# Groundwork, when and how long?



## justsambam08 (Sep 26, 2009)

10-15 minutes is fine for a learning session....if he's a TB, the shorter and more precise the lesson is the better, since they learn in short bursts. So if you do 15 minutes of groundwork, make sure you end it the right way (if you're backing up, make sure he's talking fluid steps and not slow choppy ones, for example), and then take a 45 or 60 or whatever minute "break" of doing something he knows how to do (like your ride). Then go back to 15 more minutes of groundwork, end on a good note, and call it a day.

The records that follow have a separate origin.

-- ===== src/Sequencer/Tests.antt =====
-- Runs of the sequencer of rustdv/rustdv-methodology/src/sequence.rs.
use rustdv.Base.{
  ℕ, ◌≡◌, refl, Bool, true, false, List, [], ◌∷◌, ◌++◌, none, some, Option-cases, arith, inl, inr,
  In,
}
use rustdv.Wake
use rustdv.Wake.{World}
use rustdv.Sequencer.Context
use rustdv.Sequencer.Responses.{RespInner}
use rustdv.Sequencer.Bench.{
  Bench, Call, starts, finishes, waits_granted, waits_done, gets, dones, opens, Reply, waits, done,
  item, ticket, call, at_rest, Ran, finish, after,
}
use rustdv.Sequencer.Order.{all_taken, tickets, line, Ran_order}
use rustdv.Sequencer.Steps.{all_given, all_released}
use rustdv.Sequencer.Handshake.{finish_item-delivered}
use rustdv.Sequencer.Answers.{Call as Request, pushes, tries, polls}

-- Running the calls, up to a panic
replies : Bench ℕ ℕ → List (Call ℕ ℕ) → List (Reply ℕ)
replies b [] = []
replies b (c ∷ cs) = elim (call b c) [
  | none ↦ []
  | some hit ↦ let (b', r) = hit in r ∷ replies b' cs
]

last : Bench ℕ ℕ → List (Call ℕ ℕ) → Bench ℕ ℕ
last b [] = b
last b (c ∷ cs) = elim (call b c) [ none ↦ b | some hit ↦ last hit.0 cs ]

no_panic : Bench ℕ ℕ → List (Call ℕ ℕ) → Bool
no_panic b [] = true
no_panic b (c ∷ cs) = elim (call b c) [ none ↦ false | some hit ↦ no_panic hit.0 cs ]

ran :
    (b : Bench ℕ ℕ) (cs : List (Call ℕ ℕ))
    → no_panic b cs ≡ true
    → Ran b cs (replies b cs) (last b cs)
unfolding replies last no_panic
ran b [] h = finish
ran b (c ∷ cs) h = elim (Option-cases (call b c)) [
  | inl e ↦ absurd (ground (arith, e))
  | inr ((b', r), e) ↦ rw (last, replies, e) (after e (ran b' cs (rw (no_panic, e) at h)))
]

-- Two sequences send an item each; the driver takes the first, answers it, and waits for the second.
abbrev script : List (Call ℕ ℕ)
script =
    opens 0 true
    ∷ opens 1 true
    ∷ gets 9
    ∷ starts 0 5
    ∷ starts 1 6
    ∷ gets 9
    ∷ waits_granted 1 5
    ∷ finishes 0 42 5
    ∷ gets 9
    ∷ dones (some 7)
    ∷ waits_done 1 5
    ∷ gets 9
    ∷ []

script-replies :
    replies at_rest script
    ≡ done
      ∷ done
      ∷ waits
      ∷ waits
      ∷ waits
      ∷ waits
      ∷ done
      ∷ waits
      ∷ item 1 42
      ∷ done
      ∷ ticket 1
      ∷ waits
      ∷ []
unfolding replies call at_rest Wake.wake_all
script-replies = refl

script_fine : no_panic at_rest script ≡ true
unfolding no_panic call at_rest Wake.wake_all
script_fine = refl

Ran_order_example :
    all_taken (replies at_rest script) ++ line (last at_rest script)
    ≡ tickets (last at_rest script).seqr.inner.next_id
Ran_order_example = Ran_order (ran at_rest script script_fine) refl

ticket_given : In (ticket 1) (replies at_rest script)
ticket_given =
    rw script-replies (inr (inr (inr (inr (inr (inr (inr (inr (inr (inr (inl refl)))))))))))

finish_item-delivered_example :
    let h = ran at_rest script script_fine in
    In 1 (all_released h)
    × ((p : ℕ) × In (item 1 p) (replies at_rest script) × In (1, p) (all_given h))
finish_item-delivered_example =
    finish_item-delivered (ran at_rest script script_fine) 1 ticket_given

abbrev no_answers : World (RespInner ℕ)
no_answers = record { inner = record { items = []; waiters = [] }; woken = [] }

abbrev requests : List (Request ℕ)
requests =
    polls (some 2) 5 ∷ pushes 1 10 ∷ pushes 2 20 ∷ pushes 1 11 ∷ tries (some 2) ∷ tries none ∷ []

-- A virtual sequence has no responses, and waiting for one is a panic.
virtual :
    ((Context.try_get_response
        (at_rest {REQ = ℕ} {RSP = ℕ}).seqr
        (record { has_sequencer = false; current = none })
        none).1
      ≡ none)
    × (Context.poll_get_response
          (at_rest {REQ = ℕ} {RSP = ℕ}).seqr
          (record { has_sequencer = false; current = none })
          none
          4
        ≡ none)
unfolding Context.try_get_response Context.poll_get_response
virtual = (refl, refl)
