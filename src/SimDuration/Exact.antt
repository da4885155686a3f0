-- ===== src/SimDuration/Exact.antt =====
-- rustdv/rustdv-sim/src/time.rs: a duration is exact, or it is refused.
use native.Mathlib.Nat.{pow-succ', div-add-mod', mul_assoc}
use rustdv.Base.{
  ℕ, zero, suc, ◌+◌, ◌*◌, ◌-◌, ◌^◌, ◌%◌, ◌/◌, ◌<◌, ◌≤◌, ◌≡◌, ap, sym, ◌∙◌, leb, ◌==◌, Bool-cases,
  ◌⊎◌, inl, inr, ◌≢◌, none, some, arith,
}
use rustdv.SimDuration.{SimDuration, from_pow10}

pow_add : (k a : ℕ) → 10 ^ (k + a) ≡ 10 ^ k * 10 ^ a
pow_add zero a = ap (λ n. 10 ^ n) (none_more a) ∙ once (10 ^ a)
  where
    none_more : (a : ℕ) → 0 + a ≡ a
    none_more a = omega arith

    once : (x : ℕ) → x ≡ 1 * x
    once x = omega arith
pow_add (suc k) a =
    ap (λ n. 10 ^ n) (shift k a)
    ∙ pow-succ' 10 (k + a)
    ∙ ap (λ n. 10 * n) (pow_add k a)
    ∙ sym (mul_assoc 10 (10 ^ k) (10 ^ a))
    ∙ ap (λ n. n * 10 ^ a) (sym (pow-succ' 10 k))
  where
    shift : (k a : ℕ) → suc k + a ≡ suc (k + a)
    shift k a = omega arith

-- `10^a` splits off a higher power.
pow_gap : (a b : ℕ) → a ≤ b → 10 ^ b ≡ 10 ^ (b - a) * 10 ^ a
pow_gap a b h = ap (λ n. 10 ^ n) (meet a b h) ∙ pow_add (b - a) a
  where
    meet : (a b : ℕ) → a ≤ b → b ≡ b - a + a
    meet a b h = omega arith

fits_mod : (x : ℕ) → x < 2 ^ 64 → x % 2 ^ 64 ≡ x
fits_mod x h = omega arith

-- A coarser unit: the factor is the gap.
scaled : (prec n exp : ℕ) → prec ≤ exp → n * 10 ^ (exp - prec) * 10 ^ prec ≡ n * 10 ^ exp
scaled prec n exp h =
    mul_assoc n (10 ^ (exp - prec)) (10 ^ prec) ∙ ap (λ k. n * k) (sym (pow_gap prec exp h))

-- A finer unit: whole steps lose nothing.
divided :
    (prec n exp : ℕ)
    → exp ≤ prec
    → n % 10 ^ (prec - exp) ≡ 0
    → n / 10 ^ (prec - exp) * 10 ^ prec ≡ n * 10 ^ exp
divided prec n exp h whole =
    let m = 10 ^ (prec - exp) in
    ap (λ k. n / m * k) (pow_gap exp prec h)
    ∙ sym (mul_assoc (n / m) m (10 ^ exp))
    ∙ ap (λ k. k * 10 ^ exp) (back (n / m * m) (n % m) n (div-add-mod' n m) whole)
  where
    back : (q r n : ℕ) → q + r ≡ n → r ≡ 0 → q ≡ n
    back q r n e z = omega arith

-- A duration that a unit gives is exact: its steps, at the simulator's precision, are the time that was
-- asked for, if that many steps fit in 64 bits. And a duration is refused exactly if it is finer than the
-- precision and not a whole number of steps.
pub from_pow10_exact :
    (prec n exp : ℕ)
    → n * 10 ^ (exp - prec) < 2 ^ 64
    → ((from_pow10 prec n exp ≡ none) × (exp < prec) × (n % 10 ^ (prec - exp) ≢ 0))
      ⊎ ((d : SimDuration) × (from_pow10 prec n exp ≡ some d)
          × (d.steps * 10 ^ prec ≡ n * 10 ^ exp)
          × ((prec ≤ exp) ⊎ (n % 10 ^ (prec - exp) ≡ 0)))
unfolding from_pow10
from_pow10_exact prec n exp fits = elim (Bool-cases (leb prec exp)) [
  | inl coarse ↦ inr (
    record { steps = n * 10 ^ (exp - prec) % 2 ^ 64 },
    ground (arith, coarse),
    ap (λ k. k * 10 ^ prec) (fits_mod (n * 10 ^ (exp - prec)) fits)
        ∙ scaled prec n exp (ground (arith, coarse)),
    inl (ground (arith, coarse)),
  )
  | inr fine ↦ elim (Bool-cases (n % 10 ^ (prec - exp) == 0)) [
    | inl whole ↦ inr (
      record { steps = n / 10 ^ (prec - exp) },
      ground (arith, fine, whole),
      divided prec n exp (ground (arith, fine)) (ground (arith, whole)),
      inr (ground (arith, whole)),
    )
    | inr part ↦ inl (ground (arith, fine, part), ground (arith, fine), ground (arith, part))
  ]
]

Just a question though, why do the ground work? If he does the normal things like lead properly, back up on cue, respect your space and not bite/kick/rear/buck etc under saddle, then you really don't need to do a lot of the exercises (I have that book also, lol). But if you're trying to build a relationship with him, there are different "games" or whatever you want to call them that you can do.


----------



## SorrelHorse (Apr 9, 2009)

Just short bursts, like mentioned.

I'm doing this with Honey too. She doesn't do much of anything....so she's got a long way to go. I generally lunge and do a little work before I get on her back, and then when I'm done riding I work a little more and then unsaddle and put her away.


----------



## Beaucowboy4 (Jan 2, 2010)

Ground work is the foundation to your horse. Therefore, it is very important to do this with your horse. When i say "do this" I mean yielding and backing up. Work with your horse for 10-15 minutes. As your horse progresses, he should be able to stop and back following your body movements. Also, work on desentizig him too. Do you lunge him before you ride? You can get more ideas from many trainers like Craig Cameron, Clint Anderson, and Stacy Westfall about groundwork. By the way,your horse seems like a good boy.


----------



## Bek (Jan 14, 2010)

justsambam08 said:


> Just a question though, why do the ground work? If he does the normal things like lead properly, back up on cue, respect your space and not bite/kick/rear/buck etc under saddle, then you really don't need to do a lot of the exercises (I have that book also, lol). But if you're trying to build a relationship with him, there are different "games" or whatever you want to call them that you can do.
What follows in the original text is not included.